Material for this task START

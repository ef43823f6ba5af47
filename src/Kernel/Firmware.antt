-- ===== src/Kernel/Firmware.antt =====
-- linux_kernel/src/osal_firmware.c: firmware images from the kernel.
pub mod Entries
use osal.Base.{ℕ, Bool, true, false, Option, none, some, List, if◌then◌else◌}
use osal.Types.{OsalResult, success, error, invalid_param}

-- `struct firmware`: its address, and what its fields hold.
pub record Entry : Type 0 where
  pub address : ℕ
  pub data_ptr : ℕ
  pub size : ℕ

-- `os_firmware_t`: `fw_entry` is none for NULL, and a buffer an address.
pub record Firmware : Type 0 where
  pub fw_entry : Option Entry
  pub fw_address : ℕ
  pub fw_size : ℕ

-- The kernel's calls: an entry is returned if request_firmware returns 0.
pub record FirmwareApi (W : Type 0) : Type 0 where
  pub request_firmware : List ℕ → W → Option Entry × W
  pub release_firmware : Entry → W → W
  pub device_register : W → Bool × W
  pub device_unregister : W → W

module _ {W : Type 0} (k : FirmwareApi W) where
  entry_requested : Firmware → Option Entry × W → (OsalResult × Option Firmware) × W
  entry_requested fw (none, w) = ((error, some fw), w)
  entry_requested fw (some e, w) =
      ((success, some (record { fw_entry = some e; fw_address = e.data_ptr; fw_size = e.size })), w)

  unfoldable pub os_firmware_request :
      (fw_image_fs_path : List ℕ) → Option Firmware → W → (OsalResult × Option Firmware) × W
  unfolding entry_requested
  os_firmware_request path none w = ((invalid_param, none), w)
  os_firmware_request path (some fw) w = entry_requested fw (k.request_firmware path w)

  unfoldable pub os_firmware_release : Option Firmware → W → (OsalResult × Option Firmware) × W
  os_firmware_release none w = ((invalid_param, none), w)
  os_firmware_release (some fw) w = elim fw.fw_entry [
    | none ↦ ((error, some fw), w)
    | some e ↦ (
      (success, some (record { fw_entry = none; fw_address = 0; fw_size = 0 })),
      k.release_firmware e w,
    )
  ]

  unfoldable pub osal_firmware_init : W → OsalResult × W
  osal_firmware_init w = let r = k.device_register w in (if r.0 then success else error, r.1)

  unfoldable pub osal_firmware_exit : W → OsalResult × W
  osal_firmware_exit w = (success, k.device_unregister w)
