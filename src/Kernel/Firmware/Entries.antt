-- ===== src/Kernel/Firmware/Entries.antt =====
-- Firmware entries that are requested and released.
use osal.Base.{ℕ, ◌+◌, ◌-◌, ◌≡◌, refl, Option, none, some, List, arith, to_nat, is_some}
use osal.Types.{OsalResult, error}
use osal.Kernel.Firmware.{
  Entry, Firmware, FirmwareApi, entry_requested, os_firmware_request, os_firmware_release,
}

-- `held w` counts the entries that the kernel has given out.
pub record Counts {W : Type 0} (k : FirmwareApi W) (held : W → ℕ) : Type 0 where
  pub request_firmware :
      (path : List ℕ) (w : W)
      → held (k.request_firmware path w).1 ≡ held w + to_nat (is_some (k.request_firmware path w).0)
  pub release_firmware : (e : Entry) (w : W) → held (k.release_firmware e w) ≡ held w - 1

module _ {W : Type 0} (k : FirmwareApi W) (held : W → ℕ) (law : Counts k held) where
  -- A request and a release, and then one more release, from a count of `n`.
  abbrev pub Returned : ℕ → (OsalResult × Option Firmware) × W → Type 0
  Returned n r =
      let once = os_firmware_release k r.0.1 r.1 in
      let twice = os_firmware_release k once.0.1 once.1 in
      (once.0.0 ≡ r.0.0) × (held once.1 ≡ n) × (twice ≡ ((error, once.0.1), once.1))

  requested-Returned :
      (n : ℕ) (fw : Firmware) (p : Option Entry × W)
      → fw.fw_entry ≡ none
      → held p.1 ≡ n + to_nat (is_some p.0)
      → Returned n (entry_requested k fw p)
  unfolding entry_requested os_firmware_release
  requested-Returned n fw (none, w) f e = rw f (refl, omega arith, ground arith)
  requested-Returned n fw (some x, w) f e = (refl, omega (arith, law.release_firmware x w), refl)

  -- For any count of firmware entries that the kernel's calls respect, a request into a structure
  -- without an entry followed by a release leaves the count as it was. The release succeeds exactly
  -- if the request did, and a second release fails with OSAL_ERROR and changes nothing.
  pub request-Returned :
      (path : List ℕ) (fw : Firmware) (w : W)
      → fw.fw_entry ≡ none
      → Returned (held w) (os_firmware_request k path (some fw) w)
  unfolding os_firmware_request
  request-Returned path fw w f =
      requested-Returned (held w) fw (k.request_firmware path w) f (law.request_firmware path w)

Material for this task END
Material for this task START

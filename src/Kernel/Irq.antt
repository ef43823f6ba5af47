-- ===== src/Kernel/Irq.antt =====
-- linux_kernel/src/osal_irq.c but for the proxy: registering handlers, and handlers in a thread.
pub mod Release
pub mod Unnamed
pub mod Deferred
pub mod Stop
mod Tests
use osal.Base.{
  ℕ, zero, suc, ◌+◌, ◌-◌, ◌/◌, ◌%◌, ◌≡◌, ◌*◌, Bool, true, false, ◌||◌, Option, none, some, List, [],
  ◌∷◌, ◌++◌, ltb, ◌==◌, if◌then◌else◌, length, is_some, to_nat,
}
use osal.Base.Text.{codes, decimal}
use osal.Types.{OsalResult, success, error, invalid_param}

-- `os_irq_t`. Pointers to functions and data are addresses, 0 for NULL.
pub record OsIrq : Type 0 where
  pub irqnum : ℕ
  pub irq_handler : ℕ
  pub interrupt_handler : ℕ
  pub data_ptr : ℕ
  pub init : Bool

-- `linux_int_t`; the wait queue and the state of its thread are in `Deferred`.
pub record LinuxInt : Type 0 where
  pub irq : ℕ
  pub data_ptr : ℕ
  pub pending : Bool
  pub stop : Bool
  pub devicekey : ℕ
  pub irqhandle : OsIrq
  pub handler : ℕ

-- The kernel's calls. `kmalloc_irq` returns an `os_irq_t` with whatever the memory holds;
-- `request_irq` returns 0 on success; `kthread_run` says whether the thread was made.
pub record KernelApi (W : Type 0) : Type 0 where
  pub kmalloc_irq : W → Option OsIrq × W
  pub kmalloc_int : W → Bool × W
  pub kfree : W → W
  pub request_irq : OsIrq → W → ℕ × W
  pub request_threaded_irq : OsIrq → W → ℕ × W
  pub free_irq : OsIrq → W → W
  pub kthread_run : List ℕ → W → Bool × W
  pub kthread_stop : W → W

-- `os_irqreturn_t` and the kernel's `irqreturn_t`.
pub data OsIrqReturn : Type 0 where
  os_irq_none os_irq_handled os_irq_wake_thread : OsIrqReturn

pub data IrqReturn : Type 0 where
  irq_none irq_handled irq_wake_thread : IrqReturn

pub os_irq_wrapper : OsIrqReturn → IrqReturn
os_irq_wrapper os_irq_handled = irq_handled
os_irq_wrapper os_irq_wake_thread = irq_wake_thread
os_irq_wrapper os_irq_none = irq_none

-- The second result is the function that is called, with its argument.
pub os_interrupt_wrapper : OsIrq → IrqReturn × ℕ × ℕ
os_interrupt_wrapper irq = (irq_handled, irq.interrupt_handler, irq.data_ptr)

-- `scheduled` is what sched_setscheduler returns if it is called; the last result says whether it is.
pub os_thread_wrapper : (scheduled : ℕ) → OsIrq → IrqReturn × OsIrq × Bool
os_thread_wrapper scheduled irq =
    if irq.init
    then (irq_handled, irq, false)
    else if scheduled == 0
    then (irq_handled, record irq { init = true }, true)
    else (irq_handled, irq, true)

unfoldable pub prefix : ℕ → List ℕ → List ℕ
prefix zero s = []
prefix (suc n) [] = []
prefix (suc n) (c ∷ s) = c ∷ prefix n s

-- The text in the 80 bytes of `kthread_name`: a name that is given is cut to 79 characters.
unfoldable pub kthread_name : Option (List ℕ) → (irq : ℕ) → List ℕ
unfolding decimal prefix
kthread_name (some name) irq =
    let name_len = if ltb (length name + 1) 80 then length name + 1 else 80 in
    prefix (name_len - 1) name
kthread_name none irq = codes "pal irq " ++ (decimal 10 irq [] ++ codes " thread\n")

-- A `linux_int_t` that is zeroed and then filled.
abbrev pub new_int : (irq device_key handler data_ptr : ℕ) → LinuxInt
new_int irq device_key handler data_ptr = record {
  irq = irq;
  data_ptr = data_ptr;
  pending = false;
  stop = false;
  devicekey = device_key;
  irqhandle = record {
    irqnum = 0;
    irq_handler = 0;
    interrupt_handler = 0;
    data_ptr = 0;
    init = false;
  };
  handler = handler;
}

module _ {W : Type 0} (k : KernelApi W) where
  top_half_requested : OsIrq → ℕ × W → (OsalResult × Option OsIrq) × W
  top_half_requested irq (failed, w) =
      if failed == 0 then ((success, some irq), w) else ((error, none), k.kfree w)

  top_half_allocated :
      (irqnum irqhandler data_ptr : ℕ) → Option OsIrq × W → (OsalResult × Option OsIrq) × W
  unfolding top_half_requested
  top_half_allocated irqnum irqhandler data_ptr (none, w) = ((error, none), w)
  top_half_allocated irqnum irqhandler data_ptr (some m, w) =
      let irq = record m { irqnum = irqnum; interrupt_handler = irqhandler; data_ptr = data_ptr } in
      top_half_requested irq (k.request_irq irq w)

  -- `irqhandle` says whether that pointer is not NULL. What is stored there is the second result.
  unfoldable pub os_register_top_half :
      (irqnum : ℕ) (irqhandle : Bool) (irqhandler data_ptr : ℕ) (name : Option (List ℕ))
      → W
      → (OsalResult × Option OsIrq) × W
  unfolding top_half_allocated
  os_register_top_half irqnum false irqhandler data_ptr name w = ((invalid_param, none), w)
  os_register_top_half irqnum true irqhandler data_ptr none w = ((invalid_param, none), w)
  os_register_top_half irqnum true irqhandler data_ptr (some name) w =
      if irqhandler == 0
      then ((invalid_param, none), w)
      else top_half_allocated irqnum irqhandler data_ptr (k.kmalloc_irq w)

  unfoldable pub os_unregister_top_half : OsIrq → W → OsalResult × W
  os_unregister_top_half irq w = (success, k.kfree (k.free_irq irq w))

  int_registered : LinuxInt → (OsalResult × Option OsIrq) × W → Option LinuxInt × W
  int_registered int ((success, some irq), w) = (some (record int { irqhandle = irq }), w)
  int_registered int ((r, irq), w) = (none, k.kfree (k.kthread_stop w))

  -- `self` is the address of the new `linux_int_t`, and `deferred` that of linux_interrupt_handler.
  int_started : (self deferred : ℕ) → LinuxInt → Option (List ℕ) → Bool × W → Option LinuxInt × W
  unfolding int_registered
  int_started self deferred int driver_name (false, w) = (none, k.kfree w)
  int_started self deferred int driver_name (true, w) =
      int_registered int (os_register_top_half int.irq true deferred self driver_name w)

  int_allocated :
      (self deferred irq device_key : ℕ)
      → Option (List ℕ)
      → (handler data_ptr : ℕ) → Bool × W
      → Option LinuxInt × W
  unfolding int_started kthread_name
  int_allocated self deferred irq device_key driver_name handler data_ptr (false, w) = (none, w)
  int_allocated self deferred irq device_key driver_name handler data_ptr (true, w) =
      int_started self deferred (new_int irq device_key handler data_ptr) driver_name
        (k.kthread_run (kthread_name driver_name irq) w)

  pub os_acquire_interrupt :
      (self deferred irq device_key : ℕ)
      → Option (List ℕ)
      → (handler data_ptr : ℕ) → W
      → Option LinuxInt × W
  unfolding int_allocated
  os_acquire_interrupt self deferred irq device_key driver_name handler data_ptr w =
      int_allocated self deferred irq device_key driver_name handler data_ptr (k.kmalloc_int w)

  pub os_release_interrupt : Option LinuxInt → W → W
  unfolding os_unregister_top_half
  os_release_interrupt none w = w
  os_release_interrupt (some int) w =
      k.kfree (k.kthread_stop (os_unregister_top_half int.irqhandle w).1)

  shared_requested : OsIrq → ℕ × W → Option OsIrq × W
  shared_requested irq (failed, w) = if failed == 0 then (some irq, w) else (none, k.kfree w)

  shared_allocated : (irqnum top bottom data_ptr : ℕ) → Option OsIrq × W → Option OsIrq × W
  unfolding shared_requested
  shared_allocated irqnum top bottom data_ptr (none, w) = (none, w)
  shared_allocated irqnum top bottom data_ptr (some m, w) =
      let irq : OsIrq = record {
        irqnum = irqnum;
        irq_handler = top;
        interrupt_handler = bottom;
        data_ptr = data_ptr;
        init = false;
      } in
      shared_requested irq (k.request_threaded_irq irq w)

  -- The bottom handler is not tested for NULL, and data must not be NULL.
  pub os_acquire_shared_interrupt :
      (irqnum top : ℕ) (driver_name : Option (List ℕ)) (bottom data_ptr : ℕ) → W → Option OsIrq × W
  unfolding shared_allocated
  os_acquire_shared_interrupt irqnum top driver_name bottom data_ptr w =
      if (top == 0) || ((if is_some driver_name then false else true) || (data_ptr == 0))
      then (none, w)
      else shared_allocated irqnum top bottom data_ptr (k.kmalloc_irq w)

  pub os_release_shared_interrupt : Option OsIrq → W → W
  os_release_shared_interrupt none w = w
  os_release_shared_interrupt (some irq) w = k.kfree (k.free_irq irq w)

Material for this task END

> [Work instruction] Find the word "NULL" in the entries, and copy every line it shows up in.

> [Solution to this exercise]
-- `os_firmware_t`: `fw_entry` is none for NULL, and a buffer an address.
-- `os_irq_t`. Pointers to functions and data are addresses, 0 for NULL.
  -- `irqhandle` says whether that pointer is not NULL. What is stored there is the second result.
  -- The bottom handler is not tested for NULL, and data must not be NULL.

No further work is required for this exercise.